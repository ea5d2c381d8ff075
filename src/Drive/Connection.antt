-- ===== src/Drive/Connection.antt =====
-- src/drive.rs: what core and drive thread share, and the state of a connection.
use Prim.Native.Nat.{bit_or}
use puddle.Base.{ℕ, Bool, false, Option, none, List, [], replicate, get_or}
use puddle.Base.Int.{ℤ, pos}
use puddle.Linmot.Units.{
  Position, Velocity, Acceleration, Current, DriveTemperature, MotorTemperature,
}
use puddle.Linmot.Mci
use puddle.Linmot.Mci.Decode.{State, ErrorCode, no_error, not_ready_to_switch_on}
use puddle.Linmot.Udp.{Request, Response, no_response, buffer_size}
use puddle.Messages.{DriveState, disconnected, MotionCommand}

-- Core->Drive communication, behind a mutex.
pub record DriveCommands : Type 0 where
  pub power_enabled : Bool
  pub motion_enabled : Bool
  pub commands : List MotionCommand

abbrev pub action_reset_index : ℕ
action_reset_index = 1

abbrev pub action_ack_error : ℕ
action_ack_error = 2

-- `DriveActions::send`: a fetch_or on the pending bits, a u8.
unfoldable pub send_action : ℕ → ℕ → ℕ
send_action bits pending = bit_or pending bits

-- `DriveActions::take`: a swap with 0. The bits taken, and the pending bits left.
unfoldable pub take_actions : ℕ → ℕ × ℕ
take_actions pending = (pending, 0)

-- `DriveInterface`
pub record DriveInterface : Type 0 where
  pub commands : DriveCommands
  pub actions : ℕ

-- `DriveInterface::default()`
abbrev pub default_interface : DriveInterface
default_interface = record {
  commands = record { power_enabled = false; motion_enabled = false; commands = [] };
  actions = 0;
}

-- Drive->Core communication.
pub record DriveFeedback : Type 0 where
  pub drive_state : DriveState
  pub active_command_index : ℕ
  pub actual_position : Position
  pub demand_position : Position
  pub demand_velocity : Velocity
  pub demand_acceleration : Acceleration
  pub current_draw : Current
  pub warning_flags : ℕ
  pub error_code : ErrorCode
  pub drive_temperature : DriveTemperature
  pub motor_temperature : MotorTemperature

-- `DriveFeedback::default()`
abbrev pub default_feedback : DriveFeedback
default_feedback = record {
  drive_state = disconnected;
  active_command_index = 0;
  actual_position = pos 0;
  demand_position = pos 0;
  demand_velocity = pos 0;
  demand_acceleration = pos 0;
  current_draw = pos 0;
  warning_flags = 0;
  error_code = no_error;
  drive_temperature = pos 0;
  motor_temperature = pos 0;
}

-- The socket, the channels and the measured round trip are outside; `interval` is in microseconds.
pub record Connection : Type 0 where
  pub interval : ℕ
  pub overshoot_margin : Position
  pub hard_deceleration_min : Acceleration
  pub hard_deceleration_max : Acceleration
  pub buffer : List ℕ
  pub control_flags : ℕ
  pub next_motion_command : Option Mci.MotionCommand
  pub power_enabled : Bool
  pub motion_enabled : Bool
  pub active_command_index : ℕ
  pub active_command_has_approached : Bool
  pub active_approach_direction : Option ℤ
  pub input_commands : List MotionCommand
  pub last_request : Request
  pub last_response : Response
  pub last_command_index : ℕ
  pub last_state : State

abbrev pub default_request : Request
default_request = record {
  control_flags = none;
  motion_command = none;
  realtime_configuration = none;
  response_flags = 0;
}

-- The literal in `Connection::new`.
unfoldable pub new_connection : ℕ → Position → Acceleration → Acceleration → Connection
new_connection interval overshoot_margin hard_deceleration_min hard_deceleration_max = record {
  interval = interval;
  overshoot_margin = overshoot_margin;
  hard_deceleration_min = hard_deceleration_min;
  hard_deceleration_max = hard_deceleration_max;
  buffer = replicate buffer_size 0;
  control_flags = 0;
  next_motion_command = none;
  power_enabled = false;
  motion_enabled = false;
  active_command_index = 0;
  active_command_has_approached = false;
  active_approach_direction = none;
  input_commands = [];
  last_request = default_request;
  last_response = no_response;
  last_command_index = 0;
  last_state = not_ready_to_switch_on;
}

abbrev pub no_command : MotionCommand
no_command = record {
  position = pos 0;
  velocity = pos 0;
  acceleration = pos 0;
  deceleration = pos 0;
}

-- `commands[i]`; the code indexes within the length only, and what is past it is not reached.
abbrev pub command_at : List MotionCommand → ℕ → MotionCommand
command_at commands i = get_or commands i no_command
--
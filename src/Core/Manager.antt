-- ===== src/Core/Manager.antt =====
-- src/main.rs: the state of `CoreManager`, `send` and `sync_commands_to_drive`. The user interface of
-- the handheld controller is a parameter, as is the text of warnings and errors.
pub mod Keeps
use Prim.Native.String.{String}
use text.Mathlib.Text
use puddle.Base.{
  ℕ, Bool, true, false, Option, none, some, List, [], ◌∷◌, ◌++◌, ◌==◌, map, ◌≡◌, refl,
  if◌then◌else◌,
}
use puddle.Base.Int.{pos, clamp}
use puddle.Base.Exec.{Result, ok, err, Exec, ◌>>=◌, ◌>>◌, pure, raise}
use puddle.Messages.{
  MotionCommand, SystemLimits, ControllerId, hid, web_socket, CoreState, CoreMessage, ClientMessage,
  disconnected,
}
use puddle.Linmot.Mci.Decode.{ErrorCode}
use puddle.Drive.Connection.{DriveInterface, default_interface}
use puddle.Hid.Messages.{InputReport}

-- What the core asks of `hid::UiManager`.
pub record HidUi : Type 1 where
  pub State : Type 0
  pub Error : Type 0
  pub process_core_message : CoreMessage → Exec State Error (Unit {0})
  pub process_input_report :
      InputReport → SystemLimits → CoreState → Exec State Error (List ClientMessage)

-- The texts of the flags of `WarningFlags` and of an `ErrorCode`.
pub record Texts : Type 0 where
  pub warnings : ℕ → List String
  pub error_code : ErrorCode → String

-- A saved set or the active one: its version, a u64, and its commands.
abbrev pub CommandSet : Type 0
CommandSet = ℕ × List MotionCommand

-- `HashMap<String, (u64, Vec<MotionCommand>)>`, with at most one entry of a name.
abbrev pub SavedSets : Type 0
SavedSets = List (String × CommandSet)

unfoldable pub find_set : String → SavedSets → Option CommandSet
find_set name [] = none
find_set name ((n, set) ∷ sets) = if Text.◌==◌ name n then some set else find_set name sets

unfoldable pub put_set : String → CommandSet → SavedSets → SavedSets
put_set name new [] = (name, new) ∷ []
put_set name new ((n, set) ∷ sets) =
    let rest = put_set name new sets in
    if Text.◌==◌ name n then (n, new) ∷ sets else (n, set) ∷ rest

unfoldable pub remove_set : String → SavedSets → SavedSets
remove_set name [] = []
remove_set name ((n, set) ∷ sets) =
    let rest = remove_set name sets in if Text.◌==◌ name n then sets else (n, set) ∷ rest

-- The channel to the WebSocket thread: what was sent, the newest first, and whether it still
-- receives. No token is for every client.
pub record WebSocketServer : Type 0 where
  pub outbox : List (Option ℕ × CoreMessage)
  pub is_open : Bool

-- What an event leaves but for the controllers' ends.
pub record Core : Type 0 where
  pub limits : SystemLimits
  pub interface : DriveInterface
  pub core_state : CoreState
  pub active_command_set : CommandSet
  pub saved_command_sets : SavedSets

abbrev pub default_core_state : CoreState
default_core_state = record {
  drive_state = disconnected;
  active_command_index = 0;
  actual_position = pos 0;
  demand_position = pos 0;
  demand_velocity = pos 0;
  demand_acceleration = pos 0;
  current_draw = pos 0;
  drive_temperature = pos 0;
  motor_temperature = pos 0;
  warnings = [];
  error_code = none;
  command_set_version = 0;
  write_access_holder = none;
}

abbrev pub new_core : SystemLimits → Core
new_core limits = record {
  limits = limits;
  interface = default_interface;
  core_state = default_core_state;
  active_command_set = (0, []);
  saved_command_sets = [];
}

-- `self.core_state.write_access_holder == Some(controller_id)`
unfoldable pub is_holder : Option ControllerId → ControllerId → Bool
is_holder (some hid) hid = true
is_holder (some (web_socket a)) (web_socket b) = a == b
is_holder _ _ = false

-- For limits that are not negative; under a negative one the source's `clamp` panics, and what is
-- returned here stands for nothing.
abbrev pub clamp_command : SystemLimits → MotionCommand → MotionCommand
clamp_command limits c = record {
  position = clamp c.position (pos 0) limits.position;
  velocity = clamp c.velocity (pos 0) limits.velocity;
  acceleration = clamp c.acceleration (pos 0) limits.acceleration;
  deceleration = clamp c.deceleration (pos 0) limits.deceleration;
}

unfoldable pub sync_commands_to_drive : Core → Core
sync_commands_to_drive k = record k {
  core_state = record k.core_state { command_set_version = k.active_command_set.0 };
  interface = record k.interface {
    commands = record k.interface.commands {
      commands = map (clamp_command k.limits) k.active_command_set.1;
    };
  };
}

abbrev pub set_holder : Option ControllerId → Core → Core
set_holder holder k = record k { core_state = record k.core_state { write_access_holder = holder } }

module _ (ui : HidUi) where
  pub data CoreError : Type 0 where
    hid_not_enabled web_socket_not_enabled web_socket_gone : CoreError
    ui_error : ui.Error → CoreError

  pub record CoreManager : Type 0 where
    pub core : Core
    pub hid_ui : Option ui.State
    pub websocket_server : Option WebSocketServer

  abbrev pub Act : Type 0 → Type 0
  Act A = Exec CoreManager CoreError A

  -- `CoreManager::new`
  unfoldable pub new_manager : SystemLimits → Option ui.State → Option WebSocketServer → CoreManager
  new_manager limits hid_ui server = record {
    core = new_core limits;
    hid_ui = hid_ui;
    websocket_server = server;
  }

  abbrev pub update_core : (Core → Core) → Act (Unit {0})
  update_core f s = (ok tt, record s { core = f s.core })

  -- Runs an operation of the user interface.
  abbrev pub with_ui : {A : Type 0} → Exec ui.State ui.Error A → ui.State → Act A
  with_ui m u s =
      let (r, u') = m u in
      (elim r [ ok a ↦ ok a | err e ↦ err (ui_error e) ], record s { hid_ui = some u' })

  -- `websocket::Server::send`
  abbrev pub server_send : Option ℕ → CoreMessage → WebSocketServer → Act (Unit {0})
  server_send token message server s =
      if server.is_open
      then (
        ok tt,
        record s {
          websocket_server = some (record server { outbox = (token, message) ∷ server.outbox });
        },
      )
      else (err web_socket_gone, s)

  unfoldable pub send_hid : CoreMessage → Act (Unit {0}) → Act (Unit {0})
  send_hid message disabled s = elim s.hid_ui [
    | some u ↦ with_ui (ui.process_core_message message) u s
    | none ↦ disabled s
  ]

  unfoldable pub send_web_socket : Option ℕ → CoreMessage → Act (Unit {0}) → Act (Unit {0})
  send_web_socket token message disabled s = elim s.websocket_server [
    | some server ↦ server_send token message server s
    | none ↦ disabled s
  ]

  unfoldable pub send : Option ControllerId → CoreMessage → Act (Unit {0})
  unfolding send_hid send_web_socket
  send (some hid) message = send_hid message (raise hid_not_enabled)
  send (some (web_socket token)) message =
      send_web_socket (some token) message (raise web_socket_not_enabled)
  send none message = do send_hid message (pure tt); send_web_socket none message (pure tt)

• **Your objective**
As the answer, set down only the lines from the data above between the one holding "send (some (web_socket" and the one holding "send none message", inclusive, exactly as they read.

• **Solution to the exercise**
  send (some (web_socket token)) message =
      send_web_socket (some token) message (raise web_socket_not_enabled)
  send none message = do send_hid message (pure tt); send_web_socket none message (pure tt)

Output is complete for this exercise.